= GOAL OF THE EXERCISE =
Please quote exactly the lines below from the line containing "-- exactly one" to the line containing "item. item.correlation_id) items)", both lines included, and nothing else.

= INPUT DATA =
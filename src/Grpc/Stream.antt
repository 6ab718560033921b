-- ===== src/Grpc/Stream.antt =====
-- `execute_stream` of crates/redis-web-runtime/src/grpc.rs: the task that answers the items of a
-- stream. A client takes a number of messages before it goes away; the channel to it has then room for
-- some more, and a `send` after that fails.
use redis_web.Prelude.{
  ℕ, zero, suc, Option, none, some, List, [], ◌∷◌, map, take, length, Result, ok, err, ◌≡◌, refl,
  ap, ◌+◌, ◌≤◌, ◌<◌, arith, ◌∙◌,
}
use redis_web.Text.{Bytes, codes}
use redis_web.Acl.{AuthContext}
use redis_web.Request.{ExecutableCommand}
use redis_web.Handler.Process.{
  CommandExecutionError, service_unavailable, execution_failed, Execution, Host, AppState,
}
use redis_web.Grpc.{CommandRequest, command_from_proto, authorize}
use redis_web.Grpc.Value.{Status, RedisValue, invalid_argument, redis_value_to_proto}

-- `mpsc::channel(32)`
abbrev pub channel_capacity : ℕ
channel_capacity = 32

pub record StreamCommandRequest : Type 0 where
  pub correlation_id : Bytes
  pub command : Option CommandRequest

-- The kind is a number: 0 unspecified, 1 service unavailable, 2 execution failed.
pub record CommandError : Type 0 where
  pub error_kind : ℕ
  pub message : Bytes

-- `result` is always set: a value or an error.
pub record StreamCommandReply : Type 0 where
  pub correlation_id : Bytes
  pub result : Result CommandError RedisValue

abbrev command_error_to_stream_error : CommandExecutionError → CommandError
command_error_to_stream_error (service_unavailable message) = record {
  error_kind = 1;
  message = message;
}
command_error_to_stream_error (execution_failed message) = record {
  error_kind = 2;
  message = message;
}

abbrev pub status_to_stream_error : Status → CommandError
status_to_stream_error status = record { error_kind = 0; message = status.message }

abbrev missing_command : Status
missing_command = record {
  code = invalid_argument;
  message = codes "stream request is missing command";
}

abbrev pub converted : Result Status RedisValue → Result CommandError RedisValue
converted (ok value) = ok value
converted (err status) = err (status_to_stream_error status)

abbrev pub streamed : Execution → Result CommandError RedisValue
streamed (ok value) = converted (redis_value_to_proto value)
streamed (err error) = err (command_error_to_stream_error error)

module _ (host : Host) (localhost : host.Ip) (state : AppState host.Net)
    (auth : AuthContext host.Ip) where
  abbrev stream_authorized :
      Result {0, 0} Status Unit
      → ExecutableCommand
      → host.S
      → Result CommandError RedisValue × host.S
  stream_authorized (err status) command s = (err (status_to_stream_error status), s)
  stream_authorized (ok _) command s =
      let (execution, s') = host.execute command s in (streamed execution, s')

  abbrev pub stream_command :
      Result Status ExecutableCommand → host.S → Result CommandError RedisValue × host.S
  stream_command (err status) s = (err (status_to_stream_error status), s)
  stream_command (ok command) s =
      stream_authorized (authorize host localhost state auth command.command_name) command s

  abbrev pub stream_result :
      Option CommandRequest → host.S → Result CommandError RedisValue × host.S
  stream_result none s = (err (status_to_stream_error missing_command), s)
  stream_result (some request) s =
      stream_command (command_from_proto state.default_database request) s

  -- the reply to one item
  unfoldable pub stream_reply : StreamCommandRequest → host.S → StreamCommandReply × host.S
  stream_reply item s =
      let (result, s') = stream_result item.command s in
      (record { correlation_id = item.correlation_id; result = result }, s')

  -- The task, over the number of messages that the channel accepts: what is put into the channel, and
  -- the backend's state after the last item that is read.
  unfoldable pub answer_items :
      List (Result Status StreamCommandRequest)
      → ℕ
      → host.S
      → List (Result Status StreamCommandReply) × host.S
  answer_items [] accepted s = ([], s)
  answer_items (err status ∷ items) zero s = ([], s)
  answer_items (err status ∷ items) (suc accepted) s = (err status ∷ [], s)
  answer_items (ok item ∷ items) zero s = let (reply, s') = stream_reply item s in ([], s')
  answer_items (ok item ∷ items) (suc accepted) s =
      let (reply, s') = stream_reply item s in
      let (replies, s'') = answer_items items accepted s' in (ok reply ∷ replies, s'')

  -- The messages that the client takes, and the backend's state. `buffered` is how many more the
  -- channel has accepted when the client goes away, `channel_capacity` at most: the task runs ahead of
  -- the client by that much.
  unfoldable pub execute_stream :
      List (Result Status StreamCommandRequest)
      → ℕ
      → ℕ
      → host.S
      → List (Result Status StreamCommandReply) × host.S
  execute_stream items taken buffered s =
      let (messages, s') = answer_items items (taken + buffered) s in (take taken messages, s')

  -- the replies to items one after the other, as a specification
  unfoldable replies_in_order :
      List StreamCommandRequest → host.S → List StreamCommandReply × host.S
  replies_in_order [] s = ([], s)
  replies_in_order (item ∷ items) s =
      let (reply, s') = stream_reply item s in
      let (replies, s'') = replies_in_order items s' in (reply ∷ replies, s'')

  -- A client that takes all messages gets one reply for each item, in order, each computed after the
  -- commands of the earlier items were executed.
  answer_items-replies_in_order :
      (items : List StreamCommandRequest) (accepted : ℕ) (s : host.S)
      → length items ≤ accepted
      → answer_items (map ok items) accepted s
        ≡ (map ok (replies_in_order items s).0, (replies_in_order items s).1)
  unfolding answer_items replies_in_order
  answer_items-replies_in_order [] accepted s h = refl
  answer_items-replies_in_order (item ∷ items) zero s h = ground (arith, h)
  answer_items-replies_in_order (item ∷ items) (suc accepted) s h =
      rw (answer_items-replies_in_order items accepted (stream_reply item s).1 (omega (arith, h)))
        refl

  take-replies :
      (items : List StreamCommandRequest) (taken : ℕ) (s : host.S)
      → length items ≤ taken
      → take {A = Result Status StreamCommandReply} taken (map ok (replies_in_order items s).0)
        ≡ map ok (replies_in_order items s).0
  unfolding replies_in_order
  take-replies [] zero s h = refl
  take-replies [] (suc taken) s h = refl
  take-replies (item ∷ items) zero s h = ground (arith, h)
  take-replies (item ∷ items) (suc taken) s h =
      ap (λ messages. ok (stream_reply item s).0 ∷ messages)
        (take-replies items taken (stream_reply item s).1 (omega (arith, h)))

  execute_stream-replies_in_order :
      (items : List StreamCommandRequest) (taken buffered : ℕ) (s : host.S)
      → length items ≤ taken
      → execute_stream (map ok items) taken buffered s
        ≡ (map ok (replies_in_order items s).0, (replies_in_order items s).1)
  unfolding execute_stream
  execute_stream-replies_in_order items taken buffered s h =
      rw
        (
          answer_items-replies_in_order items (taken + buffered) s (omega (arith, h)),
          take-replies items taken s h,
        )
        refl

  replies_in_order_ids :
      (items : List StreamCommandRequest) (s : host.S)
      → map (λ reply. reply.correlation_id) (replies_in_order items s).0
        ≡ map (λ item. item.correlation_id) items
  unfolding replies_in_order stream_reply
  replies_in_order_ids [] s = refl
  replies_in_order_ids (item ∷ items) s =
      λ i. item.correlation_id ∷ replies_in_order_ids items (stream_reply item s).1 i

  abbrev pub id_of : Result Status StreamCommandReply → Option Bytes
  id_of (ok reply) = some reply.correlation_id
  id_of (err _) = none

  map-id_of :
      (replies : List StreamCommandReply)
      → map id_of (map ok replies) ≡ map some (map (λ reply. reply.correlation_id) replies)
  map-id_of [] = refl
  map-id_of (reply ∷ replies) = λ i. some reply.correlation_id ∷ map-id_of replies i

  -- Every item of a stream is answered: a client that takes as many messages as it sent items gets
  -- exactly one reply with the correlation id of each, in the order of the items, whether its command
  -- is missing, refused, failed or executed.
  pub execute_stream_answers :
      (items : List StreamCommandRequest) (taken buffered : ℕ) (s : host.S)
      → length items ≤ taken
      → map id_of (execute_stream (map ok items) taken buffered s).0
        ≡ map some (map (λ item. item.correlation_id) items)
  execute_stream_answers items taken buffered s h =
      rw (execute_stream-replies_in_order items taken buffered s h)
        (map-id_of (replies_in_order items s).0 ∙ ap (map some) (replies_in_order_ids items s))

  answer_items-take :
      (items : List (Result Status StreamCommandRequest)) (accepted n : ℕ) (s : host.S)
      → accepted < n
      → answer_items items accepted s ≡ answer_items (take n items) accepted s
  unfolding answer_items
  answer_items-take items accepted zero s h = ground (arith, h)
  answer_items-take [] accepted (suc n) s h = refl
  answer_items-take (err status ∷ items) zero (suc n) s h = refl
  answer_items-take (err status ∷ items) (suc accepted) (suc n) s h = refl
  answer_items-take (ok item ∷ items) zero (suc n) s h = refl
  answer_items-take (ok item ∷ items) (suc accepted) (suc n) s h =
      rw (answer_items-take items accepted n (stream_reply item s).1 (omega (arith, h))) refl

  -- A task runs ahead of its client by no more than the channel holds: what a stream does depends
  -- only on as many items as the client takes messages, 32 more whose replies the channel may hold, and
  -- one whose reply is not accepted.
  pub execute_stream-take :
      (items : List (Result Status StreamCommandRequest)) (taken buffered : ℕ) (s : host.S)
      → buffered ≤ channel_capacity
      → execute_stream items taken buffered s
        ≡ execute_stream (take (taken + channel_capacity + 1) items) taken buffered s
  unfolding execute_stream
  execute_stream-take items taken buffered s h =
      ap (λ r. (take taken r.0, r.1))
        (answer_items-take items (taken + buffered) (taken + channel_capacity + 1) s
          (omega (arith, h)))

= ANSWER TO THE EXERCISE =
  -- exactly one reply with the correlation id of each, in the order of the items, whether its command
  -- is missing, refused, failed or executed.
  pub execute_stream_answers :
      (items : List StreamCommandRequest) (taken buffered : ℕ) (s : host.S)
      → length items ≤ taken
      → map id_of (execute_stream (map ok items) taken buffered s).0
        ≡ map some (map (λ item. item.correlation_id) items)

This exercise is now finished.